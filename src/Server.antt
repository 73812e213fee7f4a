-- ===== src/Server.antt =====
-- server/src/server.c: what `server_start` does with the bytes of one read of a client.
pub mod Lines
pub mod Pieces
pub mod Sessions
pub mod Loop
mod Examples
use iu7_pvs_cp.Base.{
  ℕ, zero, suc, ◌+◌, Bool, true, false, not, List, [], ◌∷◌, ◌++◌, Option, none, some, Bytes, length,
  take, drop, ltb, if◌then◌else◌,
}
use iu7_pvs_cp.StringUtils.{strcrlf}
use iu7_pvs_cp.Smtp.Session.{Session, ring_add_tail}
use iu7_pvs_cp.Smtp.Commands.{Outcome, smtp_process_command}

-- SERVER_REPLY_MAX_LEN
abbrev pub reply_max_len : ℕ
reply_max_len = 256

-- The variables of the loop: the session, whether it was freed, the reply buffer, which is filled
-- with zeros before the loop, and the texts that were sent, the first at the front.
pub record Progress : Type 0 where
  pub session : Session
  pub freed : Bool
  pub reply : Bytes
  pub sent : List Bytes

-- `fault` is a use of the freed session, a NULL of `malloc` that is written through, or a write
-- behind the end of `command`.
pub data Served : Type 0 where
  fault : Served
  out_of_fuel : Served
  served : Progress → Served

-- The lines of `session->buffer` one behind the other, as `strcat` puts them.
unfoldable pub strcat_all : List Bytes → Bytes
strcat_all [] = []
strcat_all (line ∷ lines) = line ++ strcat_all lines

-- `session->buffer = &line->list`, or `list_add_tail`.
abbrev pub add_piece : List Bytes → Bytes → List Bytes
add_piece [] line = line ∷ []
add_piece buffer line = ring_add_tail buffer line

-- No line end is left: the rest is kept. `alloc` says whether `malloc` succeeds.
unfoldable pub store_piece : Bool → Progress → Bytes → Served
store_piece alloc p start =
    let s = p.session in
    if not alloc
    then served p
    else if p.freed
    then fault
    else served (record p {
      session = record s {
        buffer = add_piece s.buffer start;
        buffer_size = s.buffer_size + length start;
      };
    })

-- The reply is sent; with -1 the session is freed.
unfoldable pub on_outcome : Progress → Option Outcome → Option Progress
on_outcome p none = none
on_outcome p (some o) = some (record {
  session = o.session;
  freed = o.closing;
  reply = o.reply;
  sent = p.sent ++ o.reply ∷ [];
})

-- The command is what was kept and `piece`, in `command_size + 1` bytes.
unfoldable pub one_command : Bool → Progress → Bytes → Option Progress
unfolding on_outcome strcat_all
one_command alloc p piece =
    let s = p.session in
    let command = strcat_all s.buffer ++ piece in
    if p.freed
    then none
    else if not alloc
    then none
    else if ltb (length piece + s.buffer_size) (length command)
    then none
    else on_outcome p (smtp_process_command command alloc s p.reply reply_max_len)

abbrev pub after_command : Option Progress → (Progress → Served) → Served
after_command none next = fault
after_command (some p) next = next p

-- The two branches of the loop's body.
unfoldable pub on_crlf : Bool → Progress → Bytes → Option ℕ → (Progress → Bytes → Served) → Served
unfolding store_piece one_command
on_crlf alloc p start none next = store_piece alloc p start
on_crlf alloc p start (some end) next =
    after_command (one_command alloc p (take end start)) (λ q. next q (drop (end + 2) start))

-- The loop over the commands of a read.
unfoldable pub command_loop : ℕ → Bool → Progress → Bytes → Served
unfolding on_crlf
command_loop zero alloc p start = out_of_fuel
command_loop (suc fuel) alloc p [] = served p
command_loop (suc fuel) alloc p (c ∷ cs) =
    on_crlf alloc p (c ∷ cs) (strcrlf (c ∷ cs)) (λ q rest. command_loop fuel alloc q rest)

-- One read of a client that has a session: `buf` is what arrived, up to its first zero.
unfoldable pub read_client : ℕ → Bool → Session → Bytes → Served
unfolding command_loop
read_client fuel alloc session buf =
    command_loop fuel alloc (record { session = session; freed = false; reply = []; sent = [] }) buf
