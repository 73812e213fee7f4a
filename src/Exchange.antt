-- ===== src/Exchange.antt =====
-- The client of this repository against its server: client/src/client.c and server/src/server.c take
-- turns, and what one of them sends is what the other one reads.
pub mod ClientTurns
pub mod ServerTurns
pub mod Commands
pub mod Stages
pub mod Mails
mod Examples
use iu7_pvs_cp.Base.{
  ℕ, zero, suc, ◌+◌, true, List, [], ◌∷◌, ◌++◌, Option, none, some, Bytes, codes, length, ltb,
  if◌then◌else◌, FdSet,
}
use iu7_pvs_cp.Client.Connection.{Conn}
use iu7_pvs_cp.Client.Io.{
  recv_bytes, ReadResult, read_exited, read_fault, out_of_fuel, read_done, process_conn_read,
  send_size, offered, conn_write,
}
use iu7_pvs_cp.Smtp.Session.{Session}
use iu7_pvs_cp.Server.{Served, read_client, strcat_all}

-- What a turn of the client leaves, and the bytes that it sent.
pub record ClientTurn : Type 0 where
  pub conn : Conn
  pub write_fs : FdSet
  pub bytes : Bytes

-- Behind the read event, `send` takes all that it is offered.
abbrev pub on_read : ReadResult → Option ClientTurn
on_read read_exited = none
on_read read_fault = none
on_read out_of_fuel = none
on_read (read_done d) = some (record {
  conn = conn_write d.conn (send_size d.conn);
  write_fs = d.write_fs;
  bytes = offered d.conn;
})

-- A read event with a reply of the server, and a write event.
unfoldable pub client_turn : Conn → FdSet → Bytes → Option ClientTurn
unfolding process_conn_read offered conn_write
client_turn c set reply =
    on_read (process_conn_read (suc (c.to_receive + length reply)) (recv_bytes reply) c set)

abbrev pub on_served : Served → Option (Session × Bytes)
on_served Served.fault = none
on_served Served.out_of_fuel = none
on_served (Served.served p) = some (p.session, strcat_all p.sent)

-- SERVER_COMMAND_MAX_LEN
abbrev pub command_max_len : ℕ
command_max_len = 1024

-- One read of the server, while memory lasts: the session behind it and what was sent. More bytes
-- than a read takes are `none`.
unfoldable pub server_turn : Session → Bytes → Option (Session × Bytes)
unfolding read_client strcat_all
server_turn s bytes =
    if ltb command_max_len (length bytes)
    then none
    else on_served (read_client (suc (length bytes)) true s bytes)

-- Both sides behind some turns, with the reply that the client reads next.
pub record Both : Type 0 where
  pub conn : Conn
  pub write_fs : FdSet
  pub session : Session
  pub reply : Bytes

abbrev then_server : Option ClientTurn → (ClientTurn → Option Both) → Option Both
then_server none f = none
then_server (some t) f = f t

abbrev then_client : Option (Session × Bytes) → (Session × Bytes → Option Both) → Option Both
then_client none f = none
then_client (some r) f = f r

-- One turn of each side.
unfoldable pub exchange_once : Both → Option Both
exchange_once b = then_server (client_turn b.conn b.write_fs b.reply) (λ t.
    then_client (server_turn b.session t.bytes)
      (λ r. some (record { conn = t.conn; write_fs = t.write_fs; session = r.0; reply = r.1 })))

abbrev then_exchange : Option Both → (Both → Option Both) → Option Both
then_exchange none f = none
then_exchange (some b) f = f b

unfoldable pub exchange : ℕ → Both → Option Both
unfolding exchange_once
exchange zero b = some b
exchange (suc n) b = then_exchange (exchange_once b) (exchange n)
┄┄┄┄┄┄┄┄┄┄┄┄┄┄┄┄┄┄┄┄
— Task instructions —
Among the lines above, find those that contain the word "true" and copy them.

— Written solution —
  ℕ, zero, suc, ◌+◌, Bool, true, false, not, List, [], ◌∷◌, ◌++◌, Option, none, some, Bytes, length,
  ℕ, zero, suc, ◌+◌, true, List, [], ◌∷◌, ◌++◌, Option, none, some, Bytes, codes, length, ltb,
    else on_served (read_client (suc (length bytes)) true s bytes)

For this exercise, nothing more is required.